Oman Air: Oman’s state-owned flag carrier has cancelled flights to and from Amman, Dubai, Bahrain, Doha, Dammam, Kuwait, Copenhagen, Baghdad and Khasab until Thursday, 30 April, when another update will be provided.

SalamAir: Oman’s SalamAir is putting on flights between Fujairah International Airport and Muscat, with connecting journeys to Lucknow, Calicut, Hyderabad, Istanbul, Karachi and Cairo. Tickets should be purchased directly from the airline’s website or an authorised travel agency. Flights to Iraq, Lebanon, Sharjah, Doha, Kuwait and Iran are suspended until Thursday, 30 April, while to Dammam have now resumed.

IndiGo: Indian carrier IndiGo are “almost back to operating its regular schedule with 126 weekly flights to/from Saudia Arabia and 28 weekly flights to/from Oman. Additionally, IndiGo’s will operate 98 weekly flights to/from UAE.” This comes after the temporary suspension of flights to Doha, Kuwait City, Sharjah, Bahrain, Dammam, Fujairah and Ras Al Khaimah “due to the evolving situation in the Middle East”.

Lufthansa: German carrier Lufthansa is ⁠suspending ⁠all flights to Abu Dhabi, Amman, Beirut, Dammam, Riyadh, Erbil, Muscat and Tehran, until Saturday, 24 October. With its Dubai and Tel Aviv routes on pause until Sunday, 31 May, “due to ongoing airspace risks over Iran and Iraq”. The airline added, “the suspensions force Europe-to-Asia flights onto longer detours via Egypt or Central Asia, adding one to two hours to flight times and pushing fuel costs into fares”.

Virgin Atlantic: British carrier Virgin Atlantic has suspended its service from London to Dubai for the rest of the winter. With the seasonal route meant to be running until Saturday, March 28, the airline put out a statement on Sunday, 8 March saying: “The recent escalation in the Middle East has brought forward the end of our operation for this season.” Those with tickets for Virgin flights are advised to contact the airline as their teams are “actively working to support those who still need to travel, including exploring and securing arrangements with other airlines wherever possible”.

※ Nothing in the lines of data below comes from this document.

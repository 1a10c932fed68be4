-- ===== src/Controller/Outcomes.antt =====
-- What an action that succeeds went through.
use ztgotroller.Base.{
  ◌≡◌, refl, ap, arith, Bool, true, false, not, Result, ok, err, bytes_eq, bytes_eq_iff,
}
use ztgotroller.Controller.{Service, match_owner, validate_owned_network}
use ztgotroller.Controller.Actions.{
  Action, Error, continue, fail_when, read_result, write_result, checked, checked_value,
}
use ztgotroller.Domain.Ids.{IdError, NetworkId, NodeId, controller_id}
use ztgotroller.Domain.Networks.{DomainError}
use ztgotroller.Store.{Store, StoreError}

pub continue-ok :
    {A B : Type 0} (f : A → Action B) (r : Result Error A × Store) {b : B} {t : Store}
    → continue f r ≡ (ok b, t)
    → (a : A) × (s : Store) × (r ≡ (ok a, s)) × (f a s ≡ (ok b, t))
continue-ok f (ok a, s) h = (a, s, refl, h)
continue-ok f (err e, s) h = absurd (ground arith)

pub fail_when-ok :
    (b : Bool) (e : Error) (s : Store) {u : Unit {0}} {t : Store}
    → fail_when b e s ≡ (ok u, t)
    → (b ≡ false) × (s ≡ t)
fail_when-ok true e s h = absurd (ground arith)
fail_when-ok false e s h = (refl, ap (λ r. r.1) h)

pub checked-ok :
    (r : Result IdError (Unit {0})) (s : Store) {u : Unit {0}} {t : Store}
    → checked r s ≡ (ok u, t)
    → (r ≡ ok tt) × (s ≡ t)
checked-ok (ok tt) s h = (refl, ap (λ r. r.1) h)
checked-ok (err e) s h = absurd (ground arith)

pub checked_value-ok :
    (r : Result DomainError (Unit {0})) (s : Store) {u : Unit {0}} {t : Store}
    → checked_value r s ≡ (ok u, t)
    → (r ≡ ok tt) × (s ≡ t)
checked_value-ok (ok tt) s h = (refl, ap (λ r. r.1) h)
checked_value-ok (err e) s h = absurd (ground arith)

pub read_result-ok :
    {A : Type 0} (r : Result StoreError A) (s : Store) {a : A} {t : Store}
    → read_result r s ≡ (ok a, t)
    → (r ≡ ok a) × (s ≡ t)
read_result-ok (ok a) s h = (ground arith, ground arith)
read_result-ok (err e) s h = absurd (ground arith)

pub write_result-ok :
    (r : Result StoreError Store) (s : Store) {u : Unit {0}} {t : Store}
    → write_result r s ≡ (ok u, t)
    → r ≡ ok t
write_result-ok (ok x) s h = ground arith
write_result-ok (err e) s h = absurd (ground arith)

match_owner-ok :
    (v : Service) (r : Result IdError NodeId) (s : Store) {u : Unit {0}} {t : Store}
    → match_owner v r s ≡ (ok u, t)
    → (r ≡ ok v.controller) × (s ≡ t)
match_owner-ok v (err e) s h = absurd (ground arith)
match_owner-ok v (ok owner) s h =
    let (same, store) = fail_when-ok (not (bytes_eq owner v.controller)) _ s h in
    (ap ok ((bytes_eq_iff owner v.controller).0 (ground arith)), store)

pub validate_owned_network-ok :
    (v : Service) (id : NetworkId) (s : Store) {u : Unit {0}} {t : Store}
    → validate_owned_network v id s ≡ (ok u, t)
    → (controller_id id ≡ ok v.controller) × (s ≡ t)
unfolding validate_owned_network
validate_owned_network-ok v id s h = match_owner-ok v (controller_id id) s h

Norwegian: In a statement on its website, budget carrier Norwegian has cancelled all flights to and from Dubai up to and including Wednesday, 8 April, though no flights are currently bookable until later in the year. “This is a provisional decision, and further changes may be made,” it said in a statement on its website. “Affected passengers will be informed directly using the contact details provided in their booking”. Stranded passengers in Dubai should contact customer service as “there are very limited alternative flight options available”.

KLM: Dutch airline KLM has cancelled all flights to and from Dubai, Riyadh and Dammam up until and including Sunday, 17 May. In a statement issued on Thursday, 19 March, the airline said: “Due to ongoing geopolitical unrest in the Middle East, KLM has decided to cancel all flights to Dubai up to and including May 17. The safety of our passengers and crew is always our top priority. We understand that this decision has a significant impact on our travellers and are doing everything possible to keep them well informed. Passengers whose flights have been cancelled will be notified personally. They can change their flight or request a refund on the KLM website.”

Kuwait Airways: Commercial arrivals and departures at Kuwait International Airport (KWI) are currently on hold. Kuwaiti citizens with existing bookings with the airline are being flown to Jeddah as part of an emergency repatriation plan. From Saudi Arabia, passengers are required to complete the final leg of their journey to Kuwait by land.

Air Canada: On Friday, 13 March, Air Canada announced it will cease operating flights to Dubai until Tuesday, 30 April, and to Tel Aviv until Saturday, 2 May “due to the military situation in the Middle East”.

Singapore Airlines: Singapore Airlines has extended its suspension of flights between Singapore and Dubai until Thursday, 30 April, due to the ongoing geopolitical situation in the Middle East. The carrier has cancelled services on the route since Saturday, 28 February. “Customers affected by the flight cancellations will be reaccommodated on alternative flights or can seek a full refund of the unused portion of their ticket,” the airline said in its latest website update. Passengers who booked directly can request refunds online, while those who booked through travel agents or partner airlines are advised to contact them directly for assistance.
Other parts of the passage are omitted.